Wednesday, June 20, 2012

Part 12/20 - Twenty Questions You Will Be Asked By Venture Capitalists (If You Get That Far)

By Laurence K. Hayward


This is part twelve of a twenty part series on this topic.

12. What is your valuation?

This could be one of the most difficult questions of all. Answer too high and many investors will simply reject the opportunity outright. Why would they do that even if they like the opportunity? They may take it as a sign of inexperience and excessiveness, or they may simply view it as unproductive – that is, it will be too risky and time-intensive to find acceptable terms. Answer too low and you’re giving up more of your business. The common saying in venture capital is that it is better to have a piece of something, than all of nothing. But, that doesn’t provide much help after all, unless you’re down to your final option.

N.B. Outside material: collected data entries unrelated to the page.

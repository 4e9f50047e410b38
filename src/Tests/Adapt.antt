-- ===== src/Tests/Adapt.antt =====
-- Runs of the C adapter and of RTDBG_ExtractDebugData on small states.
use rt_debug_lib.Base.{◌≡◌, refl, true, [], ◌∷◌, replicate, arith, ok, err, Fault, Returns}
use rt_debug_lib.CString.{codes}
use rt_debug_lib.DebugRt.{GroupDebugRt}
use rt_debug_lib.Handler.{Handler, rtdbg_stop}
use rt_debug_lib.Handler.Merge.{rtdbg_get_log}
use rt_debug_lib.Handler.Extract.{event_counters, rtdbg_extract_debug_data}
use rt_debug_lib.Handler.Extract.Counts.{
  IsPrintable, all_lines, event_counters_lem, extract_overflows,
}
use rt_debug_lib.Adapt.{Buffers, alloc_groups, rt_debug_get_grp_log}
use rt_debug_lib.Adapt.Groups.{IsFilled, alloc_groups-IsFilled}
use rt_debug_lib.Adapt.Logs.{without_time, get_grp_log_never_returns_line}
use rt_debug_lib.Tests.{
  process, raw_group, counter, address, seconds, shared_of, get_elem?-replicate,
}
use rt_debug_lib.Tests.Process.{unused, unused-IsDebugRt}
use rt_debug_lib.Tests.Merge.{two_groups, printf}

abbrev buffers : Buffers
buffers = record { trace_buf = λ i. address; prof_buf = λ i j. address }

abbrev fresh : Handler
fresh = record process { shared = unused }

alloc_groups_example :
    Returns
      (alloc_groups buffers (codes "mac" ∷ codes "phy" ∷ []) fresh)
      (IsFilled buffers (λ i. (omega arith, omega arith)) (codes "mac" ∷ codes "phy" ∷ []) fresh)
alloc_groups_example =
    alloc_groups-IsFilled buffers (λ i. (omega arith, omega arith)) (codes "mac" ∷ codes "phy" ∷ [])
      fresh refl unused-IsDebugRt (omega arith, (omega arith, tt)) (omega arith)

get_grp_log_example :
    rt_debug_get_grp_log 1000 true (seconds 9) 1 two_groups
    ≡ without_time (rtdbg_get_log 1000 true (seconds 9) 2 two_groups)
get_grp_log_example = get_grp_log_never_returns_line 1000 1 (seconds 9) two_groups (omega arith)

pub raw_group-IsPrintable : IsPrintable raw_group
raw_group-IsPrintable = record {
  room = omega arith;
  named = λ i c at. rw (get_elem?-replicate 20 i counter c at) (omega arith);
  short = omega arith;
}

event_counters_example :
    event_counters (shared_of 1 raw_group) 1 0 ≡ ok (all_lines (raw_group ∷ []))
event_counters_example =
    event_counters_lem (shared_of 1 raw_group) (omega arith)
      (λ i g below at. rw (get_elem?-replicate 10 i raw_group g at) raw_group-IsPrintable)

-- A stopped process whose first group has a name of 100 bytes.
abbrev wide_group : GroupDebugRt
wide_group = record raw_group { group_name = replicate 100 97 }

abbrev stopped : Handler
stopped = rtdbg_stop (record process { shared = shared_of 1 wide_group })

extract_overflows_example :
    rtdbg_extract_debug_data true 3 printf seconds (λ i j. seconds 9) seconds stopped
    ≡ err Fault.out_of_bounds
unfolding rtdbg_stop
extract_overflows_example =
    extract_overflows 3 printf seconds (λ i j. seconds 9) seconds stopped wide_group refl refl
      (omega arith) refl (omega arith) (omega arith)
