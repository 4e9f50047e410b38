-- ===== src/Tests/Attach.antt =====
-- Runs of RTDBG_ActivateDebugDataCollection, RTDBG_AttachDebugData and RTDBG_Close over a small operating system.
use rt_debug_lib.Base.{
  ℕ, ◌+◌, ◌-◌, ◌%◌, ◌^◌, ◌≤◌, ◌≡◌, refl, Bool, true, false, ◌&&◌, ◌==◌, ltb, leb, if◌then◌else◌,
  some, arith, Returns, err, Fault, sym, ◌∙◌, subst, inr, replicate,
}
use mathlib.Core.Option.{some-injective, none-ne-some}
use rt_debug_lib.CString.{CStr}
use rt_debug_lib.DebugRt
use rt_debug_lib.DebugRt.{DebugRt}
use rt_debug_lib.DebugRt.Init.{IsAligned, IsInitialised, init-IsInitialised}
use rt_debug_lib.Handler.{Handler}
use rt_debug_lib.Handler.Attach.{Os, rtdbg_activate_debug_data_collection, rtdbg_attach_debug_data}
use rt_debug_lib.Handler.Attach.Posix.{IsMapping, Opens, IsPosix, IsGranting}
use rt_debug_lib.Handler.Attach.Activate.{activate_runs_past_end}
use rt_debug_lib.Handler.Attach.Existing.{Attached, rtdbg_attach_debug_data-Attached}
use rt_debug_lib.Handler.Attach.Close.{and_close, IsUndone, close-undoes_attach}
use rt_debug_lib.Tests.{process, address, raw_group, get_elem?-replicate}
use rt_debug_lib.Tests.Process.{raw_group-HasArrays, unused, unused-IsDebugRt}

-- The descriptors below `next` that are not closed are open, and `next` is the one that open returns.
-- `last` is the place of the last byte of a descriptor's file, below 2^31.
record Files : Type 0 where
  next : ℕ
  kept : ℕ → Bool
  last : ℕ → ℕ

abbrev is_open : Files → ℕ → Bool
is_open s k = s.kept k && ltb k s.next

abbrev file_size : Files → ℕ → ℕ
file_size s k = s.last k % 2 ^ 31 + 1

-- The memory in a file of 4096 bytes, and in a shorter one.
abbrev short_memory : DebugRt
short_memory = record unused { debug_groups = replicate 3 raw_group }

abbrev memory_of : ℕ → DebugRt
memory_of n = if leb 4096 n then unused else short_memory

-- ftruncate fails where the disk is full.
abbrev files : Bool → Os Files
files room = record {
  open_file = λ create name s. (
    some s.next,
    record s { next = s.next + 1; kept = λ k. if k == s.next then true else is_open s k },
  );
  truncate = λ fd n s.
      if room && (ltb 0 n && leb n (2 ^ 31))
      then (true, record s { last = λ k. if k == fd then n - 1 else s.last k })
      else (false, s);
  seek_set = λ fd place s. (place, s);
  seek_end = λ fd s. (file_size s fd, s);
  write_nul = λ fd s. (1, s);
  map_shared = λ fd s. (some (memory_of (file_size s fd)), s);
  unmap = λ d s. s;
  close_file = λ fd s. record s { kept = λ k. if k == fd then false else s.kept k };
}

next-Opens :
    (room create : Bool) (name : CStr) (s : Files)
    → Opens is_open s.next s ((files room).open_file create name s).1
next-Opens room create name s = record {
  fresh = ground arith;
  held = ground arith;
  others = λ k ne. ground arith;
}

unused-IsMapping : IsMapping unused
unused-IsMapping = record { array = unused-IsDebugRt.array; arrays = unused-IsDebugRt.arrays }

memory_of-IsMapping : (n : ℕ) (d : DebugRt) → 4096 ≤ n → some (memory_of n) ≡ some d → IsMapping d
memory_of-IsMapping n d enough e =
    let whole : memory_of n ≡ unused = ground arith in
    subst IsMapping (sym whole ∙ some-injective (memory_of n) d e) unused-IsMapping

files-IsPosix : (room : Bool) → IsPosix is_open file_size 4096 (files room)
files-IsPosix room = record {
  opens = λ create name s fd e.
      subst (λ k. Opens is_open k s ((files room).open_file create name s).1)
        (some-injective s.next fd e) (next-Opens room create name s);
  refuses = λ create name s e. absurd (none-ne-some s.next (sym e));
  truncates = λ fd n s k. ground arith;
  truncated = λ fd n s done. ground arith;
  seeks_set = λ fd place s k. refl;
  sought_set = λ fd place s. refl;
  seeks_end = λ fd s k. refl;
  sought_end = λ fd s. refl;
  ends = λ fd s. inr refl;
  writes = λ fd s k. refl;
  written = λ fd s. omega arith;
  maps = λ fd s k. refl;
  mapped = λ fd s d enough e. memory_of-IsMapping (file_size s fd) d enough e;
  unmaps = λ d s k. refl;
  closed = λ fd s. ground arith;
  closes_only = λ fd s k ne. ground arith;
}

files-IsGranting : IsGranting is_open 4096 (files true)
files-IsGranting = record {
  grants_open = λ create name s. (s.next, refl);
  grants_truncate = λ fd s. ground arith;
  grants_seek = λ fd place s small. omega arith;
  grants_end = λ fd s. (omega arith, omega arith);
  grants_write = λ fd s. refl;
  grants_map = λ fd s. (memory_of (file_size s fd), refl);
}

-- A process that has no mapping yet, and the three descriptors that every process starts with.
abbrev detached : Handler
detached = record process { mem_attached = false }

-- Every file has 100 bytes.
abbrev start : Files
start = record { next = 3; kept = λ k. true; last = λ k. 99 }

aligned : IsAligned (λ i. address)
aligned i = (omega arith, omega arith)

init-IsInitialised_example : Returns (DebugRt.init (λ i. address) unused) (IsInitialised unused)
init-IsInitialised_example =
    init-IsInitialised (λ i. address) aligned unused unused-IsDebugRt.array unused-IsDebugRt.arrays

activate_runs_past_end_example :
    rtdbg_activate_debug_data_collection (files false) 4096 (λ i. address) detached start
    ≡ err Fault.out_of_bounds
activate_runs_past_end_example =
    activate_runs_past_end is_open file_size 4096 (files false) (files-IsPosix false) detached start
      refl (omega arith) (λ i. address) aligned 3 short_memory refl refl refl (omega arith)
      (λ i g at. rw (get_elem?-replicate 3 i raw_group g at) raw_group-HasArrays)

rtdbg_attach_debug_data_example :
    Returns
      (rtdbg_attach_debug_data (files true) detached start)
      (Attached is_open file_size (files true) detached start)
rtdbg_attach_debug_data_example =
    rtdbg_attach_debug_data-Attached is_open file_size (files true) 4096 (files-IsPosix true)
      detached start refl (omega arith)

close-undoes_attach_example :
    Returns
      (and_close
        (files true)
        (rtdbg_activate_debug_data_collection (files true) 4096 (λ i. address) detached start))
      (IsUndone is_open start)
    × Returns
        (and_close (files true) (rtdbg_attach_debug_data (files true) detached start))
        (IsUndone is_open start)
close-undoes_attach_example =
    close-undoes_attach is_open file_size 4096 (files true) (files-IsPosix true) files-IsGranting
      detached start refl (omega arith) (λ i. address) aligned (omega arith)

One way to think about valuation objectively is to step outside ‘negotiated thinking’ for a moment and imagine you were trying to set the price of a new product you were preparing to release. How would you determine the price? Most likely you’d study the market demand for the product first and seek information regarding the elasticity of potential buyers. You’d try to get objective and independent feedback of various price points. You’d try to understand the perceived value of the product because ultimately that will likely yield a higher price than some ratio to cost. You’d compare it to other similar product offerings already on the market.

Try to find a trusted source or two to help you with an analysis like this for your business. Also find someone who can help you understand the most appropriate valuation methods based on the characteristics of your business situation. Sound like a lot of work? It is. This is why many believe that raising capital is a full-time job, and find outside advisors to assist with the process.

Don’t forget Economics 101, which tells us that price is ultimately determined by supply and demand. How does this apply? First, don’t “shop” (promote indiscriminately) your deal else you’ll unintentionally make it appear oversupplied and less valuable. Second, don’t stop at the first investor who seems interested. Try to find other (carefully targeted) investors who are interested. While it is rare to encounter a bidding war, having credible investors interested in your company can raise its perceived value. Third, understand the nature of syndicates (multiple VCs investing together in a round), which is how many early-stage deals are done today. The lead investor typically sets the valuation and the other investors in the round follow. Know with whom you need to focus your negotiations.

Information regarding valuation does not belong in the business plan. Rather it is included in a private placement memorandum (PPM) and subscription booklet. If you are seeking funds primarily from VCs, valuation will likely be handled in the form of a term sheet developed by the VC to be negotiated between parties. If you are seeking funds from accredited investors or angels, the valuation will usually be covered in the PPM or subscription agreement.